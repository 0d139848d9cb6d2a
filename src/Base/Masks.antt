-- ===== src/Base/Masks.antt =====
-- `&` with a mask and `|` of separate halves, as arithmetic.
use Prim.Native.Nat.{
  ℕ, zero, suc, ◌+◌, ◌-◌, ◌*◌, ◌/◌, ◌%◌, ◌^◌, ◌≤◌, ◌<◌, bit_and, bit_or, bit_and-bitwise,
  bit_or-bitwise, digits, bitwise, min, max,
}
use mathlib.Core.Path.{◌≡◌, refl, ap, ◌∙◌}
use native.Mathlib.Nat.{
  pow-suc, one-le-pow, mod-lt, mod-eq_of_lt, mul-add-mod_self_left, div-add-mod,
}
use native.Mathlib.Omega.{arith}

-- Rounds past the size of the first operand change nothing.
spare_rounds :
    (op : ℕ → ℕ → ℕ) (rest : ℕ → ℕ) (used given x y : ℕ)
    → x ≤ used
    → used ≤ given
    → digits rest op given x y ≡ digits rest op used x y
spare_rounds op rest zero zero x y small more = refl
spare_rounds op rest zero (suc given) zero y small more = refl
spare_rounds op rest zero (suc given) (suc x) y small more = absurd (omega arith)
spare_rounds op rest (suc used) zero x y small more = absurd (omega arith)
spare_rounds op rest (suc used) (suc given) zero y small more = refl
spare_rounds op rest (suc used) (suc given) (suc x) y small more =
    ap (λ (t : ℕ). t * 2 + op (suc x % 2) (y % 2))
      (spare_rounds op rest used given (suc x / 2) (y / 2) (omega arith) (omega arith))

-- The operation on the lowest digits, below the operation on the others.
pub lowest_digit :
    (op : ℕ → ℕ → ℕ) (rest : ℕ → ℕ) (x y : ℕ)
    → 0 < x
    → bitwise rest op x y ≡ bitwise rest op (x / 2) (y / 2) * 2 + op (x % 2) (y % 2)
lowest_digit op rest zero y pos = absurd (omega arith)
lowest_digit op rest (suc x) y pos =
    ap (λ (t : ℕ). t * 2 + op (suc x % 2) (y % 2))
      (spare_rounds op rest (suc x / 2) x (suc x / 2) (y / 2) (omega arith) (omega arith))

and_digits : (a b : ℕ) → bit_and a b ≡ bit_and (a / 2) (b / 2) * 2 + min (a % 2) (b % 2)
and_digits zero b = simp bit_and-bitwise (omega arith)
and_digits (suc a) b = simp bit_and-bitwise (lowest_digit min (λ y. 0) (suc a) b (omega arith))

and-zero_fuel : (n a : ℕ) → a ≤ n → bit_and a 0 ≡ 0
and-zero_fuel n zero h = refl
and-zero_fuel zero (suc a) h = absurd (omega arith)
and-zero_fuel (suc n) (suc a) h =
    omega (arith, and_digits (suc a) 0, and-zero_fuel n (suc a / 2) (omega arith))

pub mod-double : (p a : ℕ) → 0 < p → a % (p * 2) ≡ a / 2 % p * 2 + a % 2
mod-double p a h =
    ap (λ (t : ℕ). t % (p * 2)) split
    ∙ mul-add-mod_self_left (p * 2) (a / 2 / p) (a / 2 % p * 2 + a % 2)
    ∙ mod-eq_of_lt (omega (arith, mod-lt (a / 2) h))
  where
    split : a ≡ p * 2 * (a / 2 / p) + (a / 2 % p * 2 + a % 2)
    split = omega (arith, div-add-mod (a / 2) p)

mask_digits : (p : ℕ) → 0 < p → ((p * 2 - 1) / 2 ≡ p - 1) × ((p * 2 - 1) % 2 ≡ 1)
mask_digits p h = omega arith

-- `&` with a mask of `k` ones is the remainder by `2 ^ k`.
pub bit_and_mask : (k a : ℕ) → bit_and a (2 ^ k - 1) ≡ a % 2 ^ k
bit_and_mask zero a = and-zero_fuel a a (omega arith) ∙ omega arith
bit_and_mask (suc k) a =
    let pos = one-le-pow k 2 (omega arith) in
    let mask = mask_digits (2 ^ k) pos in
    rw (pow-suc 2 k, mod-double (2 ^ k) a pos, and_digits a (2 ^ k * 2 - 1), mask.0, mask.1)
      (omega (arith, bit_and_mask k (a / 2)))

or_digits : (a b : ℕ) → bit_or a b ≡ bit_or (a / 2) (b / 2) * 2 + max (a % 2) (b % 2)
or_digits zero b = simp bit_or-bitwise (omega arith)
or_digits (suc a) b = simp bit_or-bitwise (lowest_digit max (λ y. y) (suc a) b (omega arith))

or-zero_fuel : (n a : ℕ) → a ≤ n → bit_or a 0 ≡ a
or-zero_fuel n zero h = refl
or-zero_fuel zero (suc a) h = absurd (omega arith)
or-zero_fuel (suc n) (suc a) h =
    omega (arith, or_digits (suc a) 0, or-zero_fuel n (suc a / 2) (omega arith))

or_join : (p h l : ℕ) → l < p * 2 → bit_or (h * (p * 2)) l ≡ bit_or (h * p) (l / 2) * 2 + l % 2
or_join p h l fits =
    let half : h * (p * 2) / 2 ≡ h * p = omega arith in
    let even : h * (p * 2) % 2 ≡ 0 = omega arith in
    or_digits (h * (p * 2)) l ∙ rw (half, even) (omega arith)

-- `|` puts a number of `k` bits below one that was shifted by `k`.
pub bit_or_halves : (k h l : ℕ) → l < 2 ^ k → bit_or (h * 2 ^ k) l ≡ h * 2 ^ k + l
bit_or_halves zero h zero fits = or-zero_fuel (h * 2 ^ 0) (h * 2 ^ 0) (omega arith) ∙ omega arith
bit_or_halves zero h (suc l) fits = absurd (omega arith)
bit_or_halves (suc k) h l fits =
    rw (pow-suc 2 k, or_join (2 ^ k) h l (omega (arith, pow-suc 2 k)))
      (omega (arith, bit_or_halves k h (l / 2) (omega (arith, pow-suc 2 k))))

:::::

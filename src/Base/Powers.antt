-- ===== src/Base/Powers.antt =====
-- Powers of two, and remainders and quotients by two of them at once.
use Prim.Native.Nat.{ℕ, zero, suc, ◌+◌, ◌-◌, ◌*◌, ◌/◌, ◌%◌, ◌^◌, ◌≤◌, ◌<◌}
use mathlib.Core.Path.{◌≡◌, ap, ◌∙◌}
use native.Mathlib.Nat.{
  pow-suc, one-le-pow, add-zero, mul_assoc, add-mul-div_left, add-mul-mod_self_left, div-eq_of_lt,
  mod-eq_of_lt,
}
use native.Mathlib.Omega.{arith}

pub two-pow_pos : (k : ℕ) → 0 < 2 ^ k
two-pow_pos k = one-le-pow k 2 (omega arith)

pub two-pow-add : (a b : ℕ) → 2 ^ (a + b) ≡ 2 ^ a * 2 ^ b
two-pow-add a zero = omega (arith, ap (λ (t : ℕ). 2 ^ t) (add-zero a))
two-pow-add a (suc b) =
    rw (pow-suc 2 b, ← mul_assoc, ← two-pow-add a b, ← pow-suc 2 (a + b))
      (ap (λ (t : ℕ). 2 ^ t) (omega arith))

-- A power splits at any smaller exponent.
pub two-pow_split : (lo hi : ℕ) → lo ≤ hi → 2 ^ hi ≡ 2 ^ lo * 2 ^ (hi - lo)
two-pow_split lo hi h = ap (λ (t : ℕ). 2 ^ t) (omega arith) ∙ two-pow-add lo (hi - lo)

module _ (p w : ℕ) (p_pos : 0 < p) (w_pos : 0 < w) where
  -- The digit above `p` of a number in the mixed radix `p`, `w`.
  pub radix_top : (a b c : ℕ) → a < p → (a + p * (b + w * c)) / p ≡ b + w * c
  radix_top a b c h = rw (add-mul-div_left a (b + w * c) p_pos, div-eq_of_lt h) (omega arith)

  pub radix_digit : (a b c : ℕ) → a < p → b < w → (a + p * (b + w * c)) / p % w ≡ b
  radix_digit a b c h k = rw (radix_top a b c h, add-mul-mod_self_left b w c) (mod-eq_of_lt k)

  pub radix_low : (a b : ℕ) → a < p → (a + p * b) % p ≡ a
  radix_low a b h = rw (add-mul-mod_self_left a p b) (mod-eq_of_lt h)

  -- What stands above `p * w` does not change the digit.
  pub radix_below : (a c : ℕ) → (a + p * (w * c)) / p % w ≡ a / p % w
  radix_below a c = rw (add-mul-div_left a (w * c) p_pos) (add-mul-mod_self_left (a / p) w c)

:::::

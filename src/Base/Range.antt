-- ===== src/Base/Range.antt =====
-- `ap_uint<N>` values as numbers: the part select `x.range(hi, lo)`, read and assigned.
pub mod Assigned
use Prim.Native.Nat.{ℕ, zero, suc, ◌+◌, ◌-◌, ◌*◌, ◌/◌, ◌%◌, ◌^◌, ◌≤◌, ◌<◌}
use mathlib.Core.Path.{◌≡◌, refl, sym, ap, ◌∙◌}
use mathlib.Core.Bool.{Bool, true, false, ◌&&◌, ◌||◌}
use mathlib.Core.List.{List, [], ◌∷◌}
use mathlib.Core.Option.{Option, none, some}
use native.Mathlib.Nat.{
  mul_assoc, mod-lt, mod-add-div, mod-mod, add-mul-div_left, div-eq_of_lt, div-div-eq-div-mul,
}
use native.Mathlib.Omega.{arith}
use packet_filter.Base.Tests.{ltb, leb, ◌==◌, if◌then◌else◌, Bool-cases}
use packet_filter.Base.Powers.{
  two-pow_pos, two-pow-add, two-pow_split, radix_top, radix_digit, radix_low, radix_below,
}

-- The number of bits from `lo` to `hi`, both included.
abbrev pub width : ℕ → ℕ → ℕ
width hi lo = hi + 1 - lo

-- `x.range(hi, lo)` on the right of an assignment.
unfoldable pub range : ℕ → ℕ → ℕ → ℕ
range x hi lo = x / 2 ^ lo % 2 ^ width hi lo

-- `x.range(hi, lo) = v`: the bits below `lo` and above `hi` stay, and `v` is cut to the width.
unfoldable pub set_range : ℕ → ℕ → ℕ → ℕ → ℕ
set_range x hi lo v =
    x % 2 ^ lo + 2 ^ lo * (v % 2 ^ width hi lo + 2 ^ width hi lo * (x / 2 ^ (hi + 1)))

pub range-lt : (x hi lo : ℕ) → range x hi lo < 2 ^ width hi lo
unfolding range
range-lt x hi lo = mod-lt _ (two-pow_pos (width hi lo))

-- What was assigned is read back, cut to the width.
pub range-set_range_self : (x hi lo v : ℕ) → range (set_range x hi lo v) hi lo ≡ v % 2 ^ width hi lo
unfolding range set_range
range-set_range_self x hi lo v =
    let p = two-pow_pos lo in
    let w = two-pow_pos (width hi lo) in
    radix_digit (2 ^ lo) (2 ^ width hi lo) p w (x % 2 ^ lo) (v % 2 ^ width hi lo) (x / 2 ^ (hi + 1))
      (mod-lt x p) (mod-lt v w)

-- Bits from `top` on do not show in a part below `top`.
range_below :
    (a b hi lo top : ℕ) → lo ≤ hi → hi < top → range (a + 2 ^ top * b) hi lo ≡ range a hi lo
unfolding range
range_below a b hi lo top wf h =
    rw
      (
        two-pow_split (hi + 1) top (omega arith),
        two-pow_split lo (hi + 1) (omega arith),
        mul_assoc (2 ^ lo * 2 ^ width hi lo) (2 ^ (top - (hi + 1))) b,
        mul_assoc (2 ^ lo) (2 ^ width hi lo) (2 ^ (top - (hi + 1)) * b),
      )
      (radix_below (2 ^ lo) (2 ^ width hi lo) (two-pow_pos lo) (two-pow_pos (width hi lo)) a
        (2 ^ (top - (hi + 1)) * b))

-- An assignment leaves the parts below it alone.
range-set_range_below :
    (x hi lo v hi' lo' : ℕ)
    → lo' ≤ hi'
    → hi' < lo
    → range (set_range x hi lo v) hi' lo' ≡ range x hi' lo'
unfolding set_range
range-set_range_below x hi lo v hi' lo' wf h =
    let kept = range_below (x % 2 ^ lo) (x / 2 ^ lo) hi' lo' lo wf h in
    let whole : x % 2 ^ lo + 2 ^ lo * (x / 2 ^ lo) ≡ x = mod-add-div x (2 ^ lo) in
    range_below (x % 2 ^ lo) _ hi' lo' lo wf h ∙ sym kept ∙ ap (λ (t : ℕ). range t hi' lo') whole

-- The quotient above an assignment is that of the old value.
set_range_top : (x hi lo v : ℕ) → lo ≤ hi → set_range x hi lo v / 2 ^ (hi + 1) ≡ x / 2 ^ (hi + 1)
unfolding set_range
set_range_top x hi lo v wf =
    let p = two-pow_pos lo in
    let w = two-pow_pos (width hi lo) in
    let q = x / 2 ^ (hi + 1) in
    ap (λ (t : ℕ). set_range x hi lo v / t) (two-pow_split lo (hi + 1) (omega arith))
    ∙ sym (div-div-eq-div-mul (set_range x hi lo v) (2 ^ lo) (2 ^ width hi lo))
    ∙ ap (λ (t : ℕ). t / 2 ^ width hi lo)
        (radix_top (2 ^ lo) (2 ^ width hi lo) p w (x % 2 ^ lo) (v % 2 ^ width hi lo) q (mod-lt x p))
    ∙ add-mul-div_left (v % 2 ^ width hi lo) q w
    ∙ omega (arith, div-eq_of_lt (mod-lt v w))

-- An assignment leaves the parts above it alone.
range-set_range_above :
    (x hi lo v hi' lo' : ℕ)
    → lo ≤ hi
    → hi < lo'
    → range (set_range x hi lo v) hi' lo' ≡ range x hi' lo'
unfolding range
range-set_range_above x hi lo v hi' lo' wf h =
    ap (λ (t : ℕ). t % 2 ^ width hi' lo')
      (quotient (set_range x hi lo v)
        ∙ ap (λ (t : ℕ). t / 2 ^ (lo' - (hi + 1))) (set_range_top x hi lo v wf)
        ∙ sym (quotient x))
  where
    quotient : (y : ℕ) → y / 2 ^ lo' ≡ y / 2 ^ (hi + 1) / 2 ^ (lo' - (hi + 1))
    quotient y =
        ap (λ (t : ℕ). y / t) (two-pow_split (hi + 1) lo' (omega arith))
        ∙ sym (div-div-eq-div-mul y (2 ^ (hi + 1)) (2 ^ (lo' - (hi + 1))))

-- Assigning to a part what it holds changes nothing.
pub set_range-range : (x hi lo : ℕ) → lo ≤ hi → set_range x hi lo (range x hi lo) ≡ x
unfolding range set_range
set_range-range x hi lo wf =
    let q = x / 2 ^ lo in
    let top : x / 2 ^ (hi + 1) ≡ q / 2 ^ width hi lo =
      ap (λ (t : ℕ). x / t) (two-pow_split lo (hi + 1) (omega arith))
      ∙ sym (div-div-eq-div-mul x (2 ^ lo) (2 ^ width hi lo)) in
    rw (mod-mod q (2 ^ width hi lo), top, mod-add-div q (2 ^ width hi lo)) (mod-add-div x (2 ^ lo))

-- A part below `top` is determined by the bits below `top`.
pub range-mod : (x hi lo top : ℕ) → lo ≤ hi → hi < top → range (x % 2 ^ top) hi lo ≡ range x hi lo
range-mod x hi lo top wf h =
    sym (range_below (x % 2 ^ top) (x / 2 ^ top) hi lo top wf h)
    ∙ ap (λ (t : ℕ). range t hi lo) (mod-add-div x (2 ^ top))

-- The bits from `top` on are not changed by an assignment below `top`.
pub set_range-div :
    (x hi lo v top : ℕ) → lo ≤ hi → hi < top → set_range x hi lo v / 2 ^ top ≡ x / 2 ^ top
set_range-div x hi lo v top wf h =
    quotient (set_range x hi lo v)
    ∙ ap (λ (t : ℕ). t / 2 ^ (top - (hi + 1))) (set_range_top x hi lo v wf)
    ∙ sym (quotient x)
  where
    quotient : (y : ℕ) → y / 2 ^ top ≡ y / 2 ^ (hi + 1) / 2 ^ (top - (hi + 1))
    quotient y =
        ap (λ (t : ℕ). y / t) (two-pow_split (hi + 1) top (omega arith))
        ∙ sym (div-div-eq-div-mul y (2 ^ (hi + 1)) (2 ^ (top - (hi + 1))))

:::::

__EXERCISE BRIEF__
Pull out every line of the records above that contains the word "parts".

__RESULT OF THE EXERCISE__
-- An assignment leaves the parts below it alone.
-- An assignment leaves the parts above it alone.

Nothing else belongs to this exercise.